太平洋戦争で史上最悪の作戦と呼ばれたインパール作戦で生還した、宮城県栗原市の男性が5月に109歳で亡くなりました。生前に残した肉声テープや日記から浮かび上がる戦場の記憶です。

 栗原市の後藤公佐さん(85)。父親の信一さんは、5月に109歳で亡くなりました。当時、宮城県の男性で最高齢でした。
 後藤公佐さん「とにかく穏やかな性格で、ところがどこかに芯があって。世界大戦を体験してそれで強い人間になったのか」

 父親の信一さんは太平洋戦争中、多くの犠牲者を出し史上最悪の作戦と呼ばれたインパール作戦に参加。命からがら生き延びました。
 信一さんは90歳を迎える頃、ノートに戦争の体験を綴り始めました。
 後藤公佐さん「今から23年くらい前、そこから3年くらいかけて書いた記録です。読んでびっくりしたのは、地名とか川とか町の名前を良く覚えているんだよね。生きるか死ぬかの境での生活だったから思い出せるのかなと」

 

戦争体験を綴る

 

 1943年6月。31歳の時、信一さんに召集令状が届きます。
 「隣の人達がおめでとうと言ふて来た」「『信一さんは常に体が弱いから元気で帰ってこられないだから』と話された。其のときは何もいわなかったが俺はどんなことがあっても帰ってくるんだと肝に銘じて居た」

 1942年3月。太平洋戦争開戦から間もなく、日本軍はラングーン、現在のヤンゴンに侵攻。イギリスが支配していたビルマ、現在のミャンマーを占領下に置き、各地で勢力を拡大していました。
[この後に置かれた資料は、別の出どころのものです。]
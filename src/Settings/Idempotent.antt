-- ===== src/Settings/Idempotent.antt =====
-- Setting defaults a second time changes nothing.
use provider_exoscale.Prelude.{
  String, Bool, true, false, not, ◌&&◌, ◌≡◌, refl, Option, none, some, eq_refl, arith, Bool-cases,
  Option-cases, inl, inr,
}
use provider_exoscale.Json.{Json, Fields, obj, lookup}
use provider_exoscale.Json.Laws.{lookup-insert}
use provider_exoscale.Settings.{
  Schema, schema, Schemas, none_left, entry, has_default, submap, set_leaf, set_entry,
  set_properties,
}
use provider_exoscale.Settings.Laws.{set_nested, distinct, distinct_in, lookup_unnamed, last_entry}

abbrev leaf_settled : Json → Option Json → Bool
leaf_settled d none = not (has_default d)
leaf_settled d (some v) = true

abbrev when_some : (Fields → Bool) → Option Fields → Bool
when_some p none = true
when_some p (some m) = p m

-- Whether the map, or the value at a key, needs no default any more.
mutual
  settled : Schemas → Fields → Bool
  settled none_left m = true
  settled (entry k s ps) m = settled_at s (lookup k m) && settled ps m

  settled_at : Schema → Option Json → Bool
  settled_at (schema d none_left) v = leaf_settled d v
  settled_at (schema d (entry k s ps)) v = when_some (settled (entry k s ps)) (submap v)

set_leaf_settled :
    (d : Json) (key : String) (m : Fields)
    → leaf_settled d (lookup key m) ≡ true
    → set_leaf d key m ≡ (m, false)
set_leaf_settled d key m h = ground arith

set_nested_settled :
    (key : String) (m : Fields) (f : Fields → Fields × Bool) (p : Fields → Bool) (o : Option Fields)
    → ((sub : Fields) → p sub ≡ true → f sub ≡ (sub, false))
    → when_some p o ≡ true
    → set_nested key m f o ≡ (m, false)
set_nested_settled key m f p none keep h = refl
set_nested_settled key m f p (some sub) keep h = rw (keep sub h)

unchanged_nested :
    (key : String) (m : Fields) (f : Fields → Fields × Bool) (o : Option Fields)
    → (set_nested key m f o).1 ≡ false
    → (set_nested key m f o).0 ≡ m
unchanged_nested key m f none h = refl
unchanged_nested key m f (some sub) h = ground arith

-- A settled map is left as it is.
mutual
  unfolding set_properties settled

  keep_entry :
      (s : Schema) (key : String) (m : Fields)
      → settled_at s (lookup key m) ≡ true
      → set_entry s key m ≡ (m, false)
  keep_entry (schema d none_left) key m h = set_leaf_settled d key m h
  keep_entry (schema d (entry k s ps)) key m h =
      set_nested_settled key m (set_properties (entry k s ps)) (settled (entry k s ps))
        (submap (lookup key m)) (λ sub e. keep_properties (entry k s ps) sub e) h

  keep_properties :
      (ps : Schemas) (m : Fields) → settled ps m ≡ true → set_properties ps m ≡ (m, false)
  keep_properties none_left m h = refl
  keep_properties (entry k s ps) m h = ground (arith, keep_entry s k m, keep_properties ps m)

-- Where nothing was set the map is the old one.
mutual
  unfolding set_properties

  unchanged_entry :
      (s : Schema) (key : String) (m : Fields)
      → (set_entry s key m).1 ≡ false
      → (set_entry s key m).0 ≡ m
  unchanged_entry (schema d none_left) key m h = ground arith
  unchanged_entry (schema d (entry k s ps)) key m h =
      unchanged_nested key m (set_properties (entry k s ps)) (submap (lookup key m)) h

  pub unchanged_properties :
      (ps : Schemas) (m : Fields) → (set_properties ps m).1 ≡ false → (set_properties ps m).0 ≡ m
  unchanged_properties none_left m h = refl
  unchanged_properties (entry k s ps) m h =
      ground (arith, unchanged_entry s k m, unchanged_properties ps (set_entry s k m).0)

settle_leaf :
    (d : Json) (key : String) (m : Fields) → leaf_settled d (lookup key (set_leaf d key m).0) ≡ true
settle_leaf d key m = elim (Option-cases (lookup key m)) [
  | inl gone ↦ ground (arith, lookup-insert key key d m, eq_refl key)
  | inr (v, here) ↦ ground arith
]

settle_nested :
    (key : String) (m : Fields) (f : Fields → Fields × Bool) (p : Fields → Bool) (o : Option Fields)
    → submap (lookup key m) ≡ o
    → ((sub : Fields) → p (f sub).0 ≡ true)
    → ((sub : Fields) → (f sub).1 ≡ false → (f sub).0 ≡ sub)
    → when_some p (submap (lookup key (set_nested key m f o).0)) ≡ true
settle_nested key m f p none e good same = rw e
settle_nested key m f p (some sub) e good same = elim (Bool-cases (f sub).1) [
  | inl changed ↦
      rw changed (rw (lookup-insert key key (obj (f sub).0) m) (rw (eq_refl key) (good sub)))
  | inr kept ↦ rw kept (rw e (rw (same sub kept) at (good sub)))
]

mutual
  unfolding set_properties settled distinct

  settle_entry :
      (s : Schema) (key : String) (m : Fields)
      → distinct_in s ≡ true
      → settled_at s (lookup key (set_entry s key m).0) ≡ true
  settle_entry (schema d none_left) key m h = settle_leaf d key m
  settle_entry (schema d (entry k s ps)) key m h =
      settle_nested key m (set_properties (entry k s ps)) (settled (entry k s ps))
        (submap (lookup key m)) refl (λ sub. settle_properties (entry k s ps) sub h)
        (unchanged_properties (entry k s ps))

  settle_properties :
      (ps : Schemas) (m : Fields) → distinct ps ≡ true → settled ps (set_properties ps m).0 ≡ true
  settle_properties none_left m h = refl
  settle_properties (entry k s ps) m h =
      rw (lookup_unnamed ps k (set_entry s k m).0 (last_entry k s ps h))
        (ground (arith, settle_entry s k m, settle_properties ps (set_entry s k m).0))

-- Setting the defaults a second time changes nothing and reports no change, for a schema in which no
-- key stands twice.
pub set_properties_idempotent :
    (ps : Schemas) (m : Fields)
    → distinct ps ≡ true
    → set_properties ps (set_properties ps m).0 ≡ ((set_properties ps m).0, false)
set_properties_idempotent ps m h = keep_properties ps _ (settle_properties ps m h)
 しかし、1942年6月。ミッドウェー海戦で主要空母4隻を失って敗戦。1943年2月にはガダルカナル島を失い、敗色濃厚となります。
 1943年12月。日本劣勢の中、信一さんは軍需品の輸送や補給を任務とした輜重兵としてビルマに配置されます。

 到着から間もなく、ビルマからイギリス軍の拠点があるインドのインパールを攻略する作戦、インパール作戦が構想に上がります。
 劣勢の事態を反転させたい大本営。イギリスやアメリカの補給ルート蒋介石ルートを遮断し、劣勢の流れを変えることが目的でした。

 1944年3月。インパール作戦が開始されます。信一さんたち兵士の前には、川幅600メートルほどのチンドウィン川が立ちはだかりました。
 「チンドウィン川は大きな川で、橋がなく水が深いので渡河ができない。それでドラム缶を集めていかだを組んで渡河した。兵隊は良かったが馬は大変だった」

 イギリス軍の空襲を避けるため夜に行われた渡河。馬や弾薬はほとんどが流されてしまいます。
 川を渡った信一さんたちは、標高2000メートルを超える山が連なるアラカン山脈を越え、インパール北部のコヒマまで侵攻短期決戦を考え、制空権が確保できていなかった日本。
 対してイギリスは、大量の輸送機による空中補給で持久戦で挑む考えでした。補給が途絶えた信一さんたちは孤立します。
 「先発隊20人くらいでいたんだけれどもね。昼間、本当に低空で飛行機がどんどん来て、落下傘でね糧秣落としたり兵器落としたりね、山の高い所から見えるのさ。
とってもおらばり(自分だけ)では無理だから本体に連絡して応援を」

 迷走が続いた日本軍。遂には命令に背く部隊も出ました。
 雨季に入った5月、信一さんが所属する31師団の佐藤幸徳師団長は、補給が無いことから軍部に逆らって独断で退却を決断しました。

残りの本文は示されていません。